Nightshift at the Cypress Cathedral
When the Ripples Spoke in Moonlight
3:17AM. My thermos of bitter coffee left condensation rings on the hard bait tackle box as the truck tires crunched over crushed oyster shells. Lake Martin's moonlit surface shimmered like discarded mercury, the cypress knees casting skeletal shadows where I'd seen monster crappie breach at dusk.
'Try the deep drop-offs first,' my fishing partner Matt had advised. But the fishfinder remained stubbornly blank until sunrise painted the water amber. My wrists ached from jigging when a sudden swirl erupted near submerged logs - not the lazy circles of turtles, but violent champagne bubbles of a feeding frenzy.

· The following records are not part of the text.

-- ===== src/Pool/Examples.antt =====
-- The theorems on pool.rs at a pool with one page.
use shared_arena.Base.{
  ℕ, ◌+◌, ◌-◌, ◌*◌, ◌^◌, ◌≡◌, ◌<◌, ◌⊎◌, refl, arith, true, some, List, ◌++◌, ◌/◌, ◌≤◌, max, has,
  length,
}
use shared_arena.Run.{ok, panic, pure, ◌>>=◌, ◌>>◌}
use shared_arena.Run.Returns.{Returns}
use shared_arena.Page.Pool.{pool_blocks}
use shared_arena.Page.Pool.Make.{IsFresh, Grown}
use shared_arena.Handle.PoolBox
use shared_arena.Handle.ArenaRc
use shared_arena.Pool.{drop_block, with_capacity, alloc_new_page, find_place}
use shared_arena.Pool.Alloc.{Initializer, alloc, alloc_with}
use shared_arena.Pool.Counting.{InUse, PoolBox_drop-Freed, ArenaRc_drop_cases, ArenaRc_clone_cases}
use shared_arena.Pool.Create.{with_capacity-IsValid}
use shared_arena.Pool.Freed.{Freed}
use shared_arena.Pool.Handles.{counted}
use shared_arena.Pool.Grow.{to_allocate, alloc_new_page-IsValid}
use shared_arena.Pool.Place.{Placed, find_place-Placed}
use shared_arena.Pool.RoundTrip.{Restored, alloc-drop-Restored}
use shared_arena.Pool.Stats.{in_use, stats-eq}
use shared_arena.Pool.Store.{Stored}
use shared_arena.Pool.Stores.{alloc-Stored, alloc_with-Stored}
use shared_arena.Pool.Valid.{IsValid, Filled}
use shared_arena.Pool.Walk.{stats, shrink_to_fit}
use shared_arena.Pool.Shrink.{Shrunk, shrink_to_fit-Shrunk}
use shared_arena.Pool.Write.{block_at}
use shared_arena.Pool.StatsRuns.{stats_around_box}
use shared_arena.Pool.Sample.{
  used, one_page, IsValid-used, Filled-used, InUse-used, Supply-used, Supply-used_with_capacity,
  used_pages, box,
}

abbrev one_or_two : Initializer ℕ
one_or_two b = (some (b.index + 1), b)

with_capacity-IsValid_example :
    Returns
      (λ pool m'.
        (news : List ℕ) × IsValid m' pool news news
        × ((q : ℕ) → has q news ≡ true → IsFresh m' q)
        × (pool.npages ≡ (max 100 1 - 1) / 63 + 1))
      (with_capacity 100 used)
with_capacity-IsValid_example = with_capacity-IsValid used 100 Supply-used_with_capacity

alloc_new_page-IsValid_example :
    Returns
      (λ pool' m'.
        (news : List ℕ) × IsValid m' pool' (news ++ used_pages) (news ++ used_pages)
        × Grown used m' news
        × (length news ≡ to_allocate one_page))
      (alloc_new_page one_page used)
alloc_new_page-IsValid_example =
    alloc_new_page-IsValid used one_page used_pages used_pages IsValid-used Supply-used

find_place-Placed_example :
    Returns (λ (pool', b) m'. Placed used used_pages pool' b m') (find_place 2 2 one_page used)
find_place-Placed_example =
    find_place-Placed 2 2 used one_page used_pages used_pages IsValid-used Filled-used Supply-used
      (omega arith) (omega arith)

alloc-Stored_example :
    Returns (λ (pool', b) m'. Stored used used_pages 7 pool' b m') (alloc 2 2 7 one_page used)
alloc-Stored_example =
    alloc-Stored 2 2 used one_page used_pages used_pages IsValid-used Filled-used Supply-used
      (omega arith) (omega arith) 7

alloc_with-Stored_example :
    Returns
      (λ (pool', b) m'. Stored used used_pages (b.index + 1) pool' b m')
      (alloc_with 2 2 one_or_two one_page used)
alloc_with-Stored_example =
    alloc_with-Stored 2 2 used one_page used_pages used_pages IsValid-used Filled-used Supply-used
      (omega arith) (omega arith) one_or_two (λ b. b.index + 1) (λ b. refl)

PoolBox_drop-Freed_example :
    Returns
      (λ _ m'. Freed used one_page used_pages box m')
      (PoolBox.drop pool_blocks drop_block box used)
PoolBox_drop-Freed_example = PoolBox_drop-Freed IsValid-used Filled-used InUse-used refl

ArenaRc_drop_cases_example :
    Returns
      (λ _ m'.
        (((block_at used box).counter ≡ 1) × Freed used one_page used_pages box m')
        ⊎ ((1 < 1)
            × (m' ≡ counted used box (1 - 1))
            × IsValid m' one_page used_pages used_pages
            × Filled m' used_pages
            × InUse m' used_pages box))
      (ArenaRc.drop pool_blocks drop_block box used)
ArenaRc_drop_cases_example = ArenaRc_drop_cases IsValid-used Filled-used InUse-used

ArenaRc_clone_cases_example :
    ((1 < 2 ^ 63 - 1)
      × Returns
          (λ p m'.
            (p ≡ box)
            × (m' ≡ counted used box (1 + 1))
            × IsValid m' one_page used_pages used_pages
            × Filled m' used_pages
            × InUse m' used_pages box)
          (ArenaRc.clone pool_blocks box used))
    ⊎ ((2 ^ 63 - 1 ≤ 1) × (ArenaRc.clone pool_blocks box used ≡ panic used))
ArenaRc_clone_cases_example = ArenaRc_clone_cases IsValid-used Filled-used InUse-used

alloc-drop-Restored_example :
    Returns
      (λ pool' m'. Restored used used_pages pool' m')
      ((do
        (pool', handle) ← alloc 2 2 7 one_page
        PoolBox.drop pool_blocks drop_block handle
        pure pool')
        used)
alloc-drop-Restored_example =
    alloc-drop-Restored 2 2 used one_page used_pages used_pages IsValid-used Filled-used Supply-used
      (omega arith) (omega arith) 7

stats-eq_example :
    stats 2 one_page used ≡ ok (in_use used used_pages, 1 * 63 - in_use used used_pages) used
stats-eq_example = stats-eq used 2 one_page used_pages used_pages IsValid-used (omega arith)

stats_around_box_example :
    Returns
      (λ (used_before, used_after) m'.
        (used_before ≡ in_use used used_pages + 1) × (used_after ≡ in_use used used_pages))
      ((do
        (pool', handle) ← alloc 2 2 7 one_page
        (used_before, _) ← stats 3 pool'
        PoolBox.drop pool_blocks drop_block handle
        (used_after, _) ← stats 3 pool'
        pure (used_before, used_after))
        used)
stats_around_box_example =
    stats_around_box 2 2 3 used one_page used_pages used_pages IsValid-used Filled-used Supply-used
      (omega arith) (omega arith) (omega arith) 7

shrink_to_fit-Shrunk_example :
    Returns (λ pool' m'. Shrunk used used_pages used_pages pool' m') (shrink_to_fit 2 one_page used)
shrink_to_fit-Shrunk_example =
    shrink_to_fit-Shrunk 2 used one_page used_pages used_pages IsValid-used Filled-used
      (omega arith)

'Switch to jerkbaits,' I muttered, fingers fumbling frozen knobs on my spinning reel. The lure hit the water with a slap. One Mississippi. Two Mississippi. Then the rod nearly leapt from my grip as something primal surged beneath.
Twenty minutes later, waist-deep in numbing water to net the 14-inch slab crappie, I noticed the scars along its flank - three parallel grooves from some ancient predator. Its gills flared defiantly before disappearing into blackwater. The mist rising off the lake seemed to whisper that we're all just temporary players in these ancient depths.